--- ENTRIES PROVIDED Enclosed Below ---

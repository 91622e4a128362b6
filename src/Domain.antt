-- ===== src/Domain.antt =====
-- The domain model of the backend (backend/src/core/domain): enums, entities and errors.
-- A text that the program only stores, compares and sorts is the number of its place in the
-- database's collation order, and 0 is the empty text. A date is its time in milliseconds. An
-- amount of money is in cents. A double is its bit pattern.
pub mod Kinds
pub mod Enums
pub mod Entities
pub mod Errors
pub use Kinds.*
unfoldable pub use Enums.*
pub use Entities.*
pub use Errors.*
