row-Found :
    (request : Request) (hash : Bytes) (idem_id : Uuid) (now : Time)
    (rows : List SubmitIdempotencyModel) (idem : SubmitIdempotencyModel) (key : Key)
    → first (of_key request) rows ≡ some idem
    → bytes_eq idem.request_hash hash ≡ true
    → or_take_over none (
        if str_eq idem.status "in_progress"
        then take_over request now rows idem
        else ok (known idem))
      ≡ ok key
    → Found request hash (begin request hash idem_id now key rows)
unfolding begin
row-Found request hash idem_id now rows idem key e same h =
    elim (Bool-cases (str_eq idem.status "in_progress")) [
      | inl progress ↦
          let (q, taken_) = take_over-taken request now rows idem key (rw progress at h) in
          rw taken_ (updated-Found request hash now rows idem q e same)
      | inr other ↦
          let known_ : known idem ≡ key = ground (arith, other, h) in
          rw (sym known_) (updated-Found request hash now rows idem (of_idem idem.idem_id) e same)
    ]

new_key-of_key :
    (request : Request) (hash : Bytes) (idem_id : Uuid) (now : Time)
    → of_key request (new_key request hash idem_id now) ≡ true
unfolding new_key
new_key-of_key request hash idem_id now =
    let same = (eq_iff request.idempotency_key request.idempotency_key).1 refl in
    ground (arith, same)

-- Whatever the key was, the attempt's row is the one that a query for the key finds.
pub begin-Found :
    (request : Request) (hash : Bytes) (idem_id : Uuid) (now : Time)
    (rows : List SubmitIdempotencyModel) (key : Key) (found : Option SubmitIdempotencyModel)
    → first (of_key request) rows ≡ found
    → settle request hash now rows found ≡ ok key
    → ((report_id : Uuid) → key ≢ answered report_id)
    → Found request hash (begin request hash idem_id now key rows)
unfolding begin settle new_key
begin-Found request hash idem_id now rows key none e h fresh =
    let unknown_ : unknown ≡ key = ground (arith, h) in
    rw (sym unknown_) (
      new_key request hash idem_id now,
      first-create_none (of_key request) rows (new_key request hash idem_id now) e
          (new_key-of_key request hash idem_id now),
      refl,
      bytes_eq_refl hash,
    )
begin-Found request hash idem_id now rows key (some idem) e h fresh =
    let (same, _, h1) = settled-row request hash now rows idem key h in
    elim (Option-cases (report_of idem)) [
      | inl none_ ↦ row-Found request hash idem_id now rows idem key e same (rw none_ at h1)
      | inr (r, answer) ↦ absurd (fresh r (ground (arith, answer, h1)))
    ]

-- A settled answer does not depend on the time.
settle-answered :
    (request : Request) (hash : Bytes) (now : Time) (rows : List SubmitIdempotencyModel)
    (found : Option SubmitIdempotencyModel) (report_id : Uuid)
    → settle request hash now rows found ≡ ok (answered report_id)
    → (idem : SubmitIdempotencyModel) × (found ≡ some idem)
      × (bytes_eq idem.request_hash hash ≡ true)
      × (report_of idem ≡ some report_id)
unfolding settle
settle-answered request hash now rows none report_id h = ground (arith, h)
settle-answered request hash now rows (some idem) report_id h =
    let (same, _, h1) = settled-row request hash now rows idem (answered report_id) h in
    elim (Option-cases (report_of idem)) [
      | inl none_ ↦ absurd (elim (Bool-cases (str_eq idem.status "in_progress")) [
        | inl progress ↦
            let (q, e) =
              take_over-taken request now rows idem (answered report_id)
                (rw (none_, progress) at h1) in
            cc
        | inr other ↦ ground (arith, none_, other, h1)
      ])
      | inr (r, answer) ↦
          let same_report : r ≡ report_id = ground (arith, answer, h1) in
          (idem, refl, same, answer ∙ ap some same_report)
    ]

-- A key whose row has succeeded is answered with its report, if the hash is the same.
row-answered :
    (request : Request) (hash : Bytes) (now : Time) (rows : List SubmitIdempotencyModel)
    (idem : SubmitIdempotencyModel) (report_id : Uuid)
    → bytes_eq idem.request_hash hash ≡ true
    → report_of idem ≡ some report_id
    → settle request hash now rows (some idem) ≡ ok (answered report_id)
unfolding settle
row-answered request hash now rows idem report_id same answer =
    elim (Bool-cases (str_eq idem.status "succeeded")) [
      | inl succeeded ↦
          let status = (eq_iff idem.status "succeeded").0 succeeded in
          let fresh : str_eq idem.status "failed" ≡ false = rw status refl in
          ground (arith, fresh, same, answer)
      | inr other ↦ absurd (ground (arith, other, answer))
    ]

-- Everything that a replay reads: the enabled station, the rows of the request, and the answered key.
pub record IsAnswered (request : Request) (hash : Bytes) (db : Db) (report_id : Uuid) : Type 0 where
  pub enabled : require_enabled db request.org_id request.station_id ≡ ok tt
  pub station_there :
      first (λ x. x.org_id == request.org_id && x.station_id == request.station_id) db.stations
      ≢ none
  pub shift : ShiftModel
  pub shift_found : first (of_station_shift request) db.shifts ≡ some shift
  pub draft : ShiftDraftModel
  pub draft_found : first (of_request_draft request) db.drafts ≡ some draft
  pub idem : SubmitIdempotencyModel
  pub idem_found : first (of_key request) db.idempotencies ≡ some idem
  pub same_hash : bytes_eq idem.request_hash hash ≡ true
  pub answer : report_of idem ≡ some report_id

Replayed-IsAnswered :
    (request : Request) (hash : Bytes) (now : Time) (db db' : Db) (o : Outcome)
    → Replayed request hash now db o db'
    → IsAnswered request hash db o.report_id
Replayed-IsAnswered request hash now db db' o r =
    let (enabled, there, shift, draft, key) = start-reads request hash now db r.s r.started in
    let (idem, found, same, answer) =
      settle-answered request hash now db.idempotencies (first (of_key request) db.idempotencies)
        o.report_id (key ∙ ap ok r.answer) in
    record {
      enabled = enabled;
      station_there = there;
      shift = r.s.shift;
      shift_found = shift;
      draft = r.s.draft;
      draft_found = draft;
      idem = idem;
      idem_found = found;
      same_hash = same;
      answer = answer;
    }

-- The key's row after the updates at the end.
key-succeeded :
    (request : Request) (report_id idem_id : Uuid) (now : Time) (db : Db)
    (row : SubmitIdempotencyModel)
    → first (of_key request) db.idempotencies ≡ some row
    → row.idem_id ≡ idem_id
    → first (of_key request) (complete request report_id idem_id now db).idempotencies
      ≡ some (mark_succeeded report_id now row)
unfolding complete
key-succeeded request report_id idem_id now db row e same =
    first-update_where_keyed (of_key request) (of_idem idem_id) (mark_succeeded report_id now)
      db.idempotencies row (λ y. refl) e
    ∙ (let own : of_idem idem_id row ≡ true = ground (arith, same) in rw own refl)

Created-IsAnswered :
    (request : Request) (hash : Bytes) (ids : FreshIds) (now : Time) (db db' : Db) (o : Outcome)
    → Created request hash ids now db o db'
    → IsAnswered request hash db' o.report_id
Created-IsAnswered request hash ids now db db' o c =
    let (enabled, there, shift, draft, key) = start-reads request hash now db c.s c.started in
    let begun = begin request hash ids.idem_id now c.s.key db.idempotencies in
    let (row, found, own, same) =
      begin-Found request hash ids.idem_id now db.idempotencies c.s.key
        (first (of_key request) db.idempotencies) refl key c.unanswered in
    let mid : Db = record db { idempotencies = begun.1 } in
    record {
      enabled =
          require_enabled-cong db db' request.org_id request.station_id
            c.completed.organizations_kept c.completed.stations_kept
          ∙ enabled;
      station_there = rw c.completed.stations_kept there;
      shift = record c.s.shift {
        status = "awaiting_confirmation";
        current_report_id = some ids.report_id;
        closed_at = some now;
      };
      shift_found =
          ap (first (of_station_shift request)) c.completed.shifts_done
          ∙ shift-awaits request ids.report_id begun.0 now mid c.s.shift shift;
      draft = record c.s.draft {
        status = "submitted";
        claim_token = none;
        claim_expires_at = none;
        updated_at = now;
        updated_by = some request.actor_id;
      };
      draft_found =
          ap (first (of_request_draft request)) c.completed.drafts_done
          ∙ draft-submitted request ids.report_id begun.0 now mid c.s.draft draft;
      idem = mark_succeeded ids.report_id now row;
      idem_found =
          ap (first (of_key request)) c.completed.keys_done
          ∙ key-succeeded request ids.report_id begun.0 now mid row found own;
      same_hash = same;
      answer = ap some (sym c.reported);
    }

--- End of Enclosed ENTRIES PROVIDED ---

§ **DESCRIPTION OF THE TASK**
Go through the listing above and write out exactly the lines starting with the one holding "(request : Request) (report_id" and running through the one holding "first-update_where_keyed (of_key request)", ends included, and no others.

§ **PROBLEM SOLUTION**
    (request : Request) (report_id idem_id : Uuid) (now : Time) (db : Db)
    (row : SubmitIdempotencyModel)
    → first (of_key request) db.idempotencies ≡ some row
    → row.idem_id ≡ idem_id
    → first (of_key request) (complete request report_id idem_id now db).idempotencies
      ≡ some (mark_succeeded report_id now row)
unfolding complete
key-succeeded request report_id idem_id now db row e same =
    first-update_where_keyed (of_key request) (of_idem idem_id) (mark_succeeded report_id now)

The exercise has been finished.